■ Task to carry out ■
Find and copy each line of the records where the string "false" shows up.
================================
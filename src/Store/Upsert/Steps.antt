-- ===== src/Store/Upsert/Steps.antt =====
-- What the statements do, one after the other.
use delegation_strategy.Prelude.{
  ℕ, ◌+◌, ◌≡◌, refl, sym, ap, ◌∙◌, String, true, Option, none, Bool-cases, inl, inr, List, [], ◌∷◌,
  ◌++◌, append-nil, append_assoc, map, flat_map, keep, if-true, if-false, map-append, keep-append,
}
use delegation_strategy.Store.Query.{ok}
use delegation_strategy.Store.Upsert.{
  Statement, update_with, insert_rows, Upsert, Columns, update_row, apply, new_row, is_new,
  insertion_of, execute, is_empty_statement,
}

module _ {R I : Type 0} (columns : Columns R I) (snapshot : Upsert I) where
  -- All statements, none of which fails.
  abbrev pub apply_all : List (Statement R I) → List R → List R
  apply_all [] rows = rows
  apply_all (s ∷ ss) rows = apply_all ss (apply columns snapshot s rows)

  update_row-nil : (rows : List R) → map (update_row columns snapshot []) rows ≡ rows
  unfolding update_row
  update_row-nil [] = refl
  update_row-nil (r ∷ rows) = ap (λ l. r ∷ l) (update_row-nil rows)

  apply-empty :
      (s : Statement R I) (rows : List R)
      → is_empty_statement columns snapshot s ≡ true
      → apply columns snapshot s rows ≡ rows
  unfolding apply
  apply-empty (update_with []) rows e = update_row-nil rows
  apply-empty (update_with (u ∷ us)) rows e = cc
  apply-empty (insert_rows []) rows e = append-nil rows
  apply-empty (insert_rows (r ∷ rs)) rows e = cc

  -- A run without failures applies all statements.
  pub execute-eq-apply_all :
      {E : Type 0} (fails : ℕ → Option E) (n : ℕ) (ss : List (Statement R I)) (rows : List R)
      → ((k : ℕ) → fails k ≡ none)
      → execute columns snapshot fails n ss rows ≡ (apply_all ss rows, ok tt)
  unfolding execute
  execute-eq-apply_all fails n [] rows h = refl
  execute-eq-apply_all fails n (s ∷ ss) rows h =
      let later = λ (k : ℕ) (rows' : List R). execute-eq-apply_all fails k ss rows' h in
      elim (Bool-cases (is_empty_statement columns snapshot s)) [
        | inl e ↦
            if-true _ _ _ e
            ∙ later n rows
            ∙ ap (λ r. (apply_all ss r, ok tt)) (sym (apply-empty s rows e))
        | inr e ↦ if-false _ _ _ e ∙ rw (h n) (later (n + 1) (apply columns snapshot s rows))
      ]

  pub apply_all-append :
      (ss ts : List (Statement R I)) (rows : List R)
      → apply_all (ss ++ ts) rows ≡ apply_all ts (apply_all ss rows)
  apply_all-append [] ts rows = refl
  apply_all-append (s ∷ ss) ts rows = apply_all-append ss ts (apply columns snapshot s rows)

  -- The insertions add the chunks of new rows at the end.
  pub apply_all-insertions :
      (updated : List String) (cs : List (List (String × I))) (rows : List R)
      → apply_all (map (insertion_of columns snapshot updated) cs) rows
        ≡ rows
          ++ map
              (new_row columns snapshot)
              (keep (is_new columns snapshot updated) (flat_map (λ c. c) cs))
  unfolding apply
  apply_all-insertions updated [] rows = sym (append-nil rows)
  apply_all-insertions updated (c ∷ cs) rows =
      apply_all-insertions updated cs (rows ++ map new (fresh c))
      ∙ append_assoc rows (map new (fresh c)) (map new (fresh (flat_map (λ d. d) cs)))
      ∙ ap (λ l. rows ++ l)
          (sym (map-append new (fresh c) (fresh (flat_map (λ d. d) cs)))
            ∙ ap (map new)
                (sym (keep-append (is_new columns snapshot updated) c (flat_map (λ d. d) cs))))
    where
      new : String × I → R
      new = new_row columns snapshot

      fresh : List (String × I) → List (String × I)
      fresh = keep (is_new columns snapshot updated)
================================
■ Answer for the task ■
  ◌++◌, append-nil, append_assoc, map, flat_map, keep, if-true, if-false, map-append, keep-append,
        | inr e ↦ if-false _ _ _ e ∙ rw (h n) (later (n + 1) (apply columns snapshot s rows))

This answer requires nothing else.